Why not tokio CancellationToken + JoinSet?

The core problems (Ctrl+C drops requests, no structured cancellation) can be fixed without replacing the runtime. Tokio's CancellationToken + JoinSet + explicit task tracking gives structured cancellation for fan-out patterns. This was considered and rejected for two reasons:

  1. Obligation tracking is the real win. CancellationToken/JoinSet fix the "cancel cleanly" problem but don't give us obligation tracking (compile-time proof that all spawned work is awaited) or deterministic lab testing. These are the features that prevent future concurrency bugs, not just the current Ctrl+C issue.
  2. Separation of concerns. Fixing Ctrl+C with tokio primitives first, then migrating the runtime second, doubles the migration effort (rewrite fan-out twice). Since we have no users and no backwards compatibility concerns, a single clean migration is lower total cost.

If asupersync proves unviable (nightly breakage, API instability), the fallback is exactly this: tokio + CancellationToken + JoinSet.

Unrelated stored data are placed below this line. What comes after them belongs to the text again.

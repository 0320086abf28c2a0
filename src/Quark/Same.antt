-- ===== src/Quark/Same.antt =====
-- Equal texts have the same quark.
use libudjat.Base.{
  ℕ, ◌≡◌, refl, sym, subst, ◌∙◌, inl, inr, Bool, true, false, none, some, List, [], ◌∷◌, ==_refl,
  ==_ne, Option-cases, Bytes, Among, bytes_eq,
}
use libudjat.Quark.{search, write, insert, intern, Quarks}

bytes_eq_refl : (xs : Bytes) → bytes_eq xs xs ≡ true
unfolding bytes_eq
bytes_eq_refl [] = refl
bytes_eq_refl (x ∷ xs) = rw (==_refl x, bytes_eq_refl xs) refl

search_head :
    (memory : ℕ → Bytes) (text : Bytes) (p : ℕ) (ps : List ℕ)
    → memory p ≡ text
    → search memory text (p ∷ ps) ≡ some p
unfolding search
search_head memory text p ps e =
    rw (subst (λ t. bytes_eq (memory p) t ≡ true) e (bytes_eq_refl (memory p))) refl

-- A new text does not change the search where its address does not stand.
search-write :
    (memory : ℕ → Bytes) (address : ℕ) (new text : Bytes) (ps : List ℕ)
    → (Among address ps → ⊥)
    → search (write address new memory) text ps ≡ search memory text ps
unfolding search
search-write memory address new text [] h = refl
search-write memory address new text (p ∷ ps) h =
    rw
      (
        ==_ne p address (λ e. h (inl (sym e))),
        search-write memory address new text ps (λ m. h (inr m)),
      )
      refl

intern-stored :
    (address : ℕ) (copy : Bool) (value p : ℕ) (s : Quarks)
    → search s.memory (s.memory value) s.stored ≡ some p
    → intern address copy value s ≡ (p, s)
unfolding intern
intern-stored address copy value p s h = rw (h, intern) refl

intern-allocated :
    (address : ℕ) (copy : Bool) (value p : ℕ) (s : Quarks)
    → search s.memory (s.memory value) s.stored ≡ none
    → search s.memory (s.memory value) s.allocated ≡ some p
    → intern address copy value s ≡ (p, s)
unfolding intern
intern-allocated address copy value p s h k = rw (h, k, intern) refl

intern-insert :
    (address : ℕ) (copy : Bool) (value : ℕ) (s : Quarks)
    → search s.memory (s.memory value) s.stored ≡ none
    → search s.memory (s.memory value) s.allocated ≡ none
    → intern address copy value s ≡ insert address copy value s
unfolding intern
intern-insert address copy value s h k = rw (h, k, intern) refl

-- Any pointer to an equal text gives the same pointer, and changes nothing.
abbrev pub GivesAgain : Bytes → ℕ × Quarks → Type 0
GivesAgain text r =
    (address : ℕ) (copy : Bool) (value : ℕ)
    → r.1.memory value ≡ text
    → intern address copy value r.1 ≡ r

insert-GivesAgain :
    (address : ℕ) (copy : Bool) (value : ℕ) (s : Quarks)
    → (Among address s.stored → ⊥)
    → search s.memory (s.memory value) s.stored ≡ none
    → GivesAgain (s.memory value) (insert address copy value s)
unfolding insert
insert-GivesAgain address true value s new h a c v same =
    intern-allocated a c v address (insert address true value s).1
      (subst (λ t. search (write address (s.memory value) s.memory) t s.stored ≡ none) (sym same)
        (search-write s.memory address (s.memory value) (s.memory value) s.stored new ∙ h))
      (search_head (write address (s.memory value) s.memory) _ address s.allocated
        (written ∙ sym same))
  where
    written : write address (s.memory value) s.memory address ≡ s.memory value
    written = rw (==_refl address) refl
insert-GivesAgain address false value s new h a c v same =
    intern-stored a c v value (insert address false value s).1
      (search_head s.memory _ value s.stored (sym same))

-- What `find` gives for a text, it gives for every pointer to an equal text afterwards, copied or
-- not, and the sets stay as they are then; `new` must not give an address that is already stored.
pub intern-GivesAgain :
    (address : ℕ) (copy : Bool) (value : ℕ) (s : Quarks)
    → (Among address s.stored → ⊥)
    → GivesAgain (s.memory value) (intern address copy value s)
intern-GivesAgain address copy value s new =
    elim (Option-cases (search s.memory (s.memory value) s.stored)) [
      | inr (p, e) ↦
          subst (GivesAgain (s.memory value)) (sym (intern-stored address copy value p s e))
            (λ a c v same.
              intern-stored a c v p s
                (subst (λ t. search s.memory t s.stored ≡ some p) (sym same) e))
      | inl e ↦ elim (Option-cases (search s.memory (s.memory value) s.allocated)) [
        | inr (p, k) ↦
            subst (GivesAgain (s.memory value)) (sym (intern-allocated address copy value p s e k))
              (λ a c v same.
                intern-allocated a c v p s
                  (subst (λ t. search s.memory t s.stored ≡ none) (sym same) e)
                  (subst (λ t. search s.memory t s.allocated ≡ some p) (sym same) k))
        | inl k ↦
            subst (GivesAgain (s.memory value)) (sym (intern-insert address copy value s e k))
              (insert-GivesAgain address copy value s new e)
      ]
    ]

Current Tokio Usage Inventory

Production code (must migrate)

Location API Purpose
main.rs:53 #[tokio::main] Runtime entrypoint
main.rs (4 sites) tokio::spawn + tokio::signal::ctrl_c Ctrl+C signal handlers
gitlab/client.rs:9 tokio::sync::Mutex Rate limiter lock
gitlab/client.rs:10 tokio::time::sleep Rate limiter backoff
gitlab/client.rs:729,736 tokio::join! Parallel pagination

Production code (reqwest -- must replace)

Location Usage
gitlab/client.rs REST API: GET with headers/query, response status/headers/JSON, pagination via x-next-page and Link headers, retry on 429
gitlab/graphql.rs GraphQL: POST with Bearer auth + JSON body, response JSON parsing
embedding/ollama.rs Ollama: GET health check, POST JSON embedding requests

Test code (keep on tokio via dev-dep)

File Tests Uses wiremock?
gitlab/graphql_tests.rs 30 Yes
gitlab/client_tests.rs 4 Yes
embedding/pipeline_tests.rs 4 Yes
ingestion/surgical_tests.rs 4 async Yes

Test code (switch to asupersync)

File Tests Why safe
core/timeline_seed_tests.rs 13 Pure CPU/SQLite, no HTTP, no tokio APIs

Test code (already sync #[test] -- no changes)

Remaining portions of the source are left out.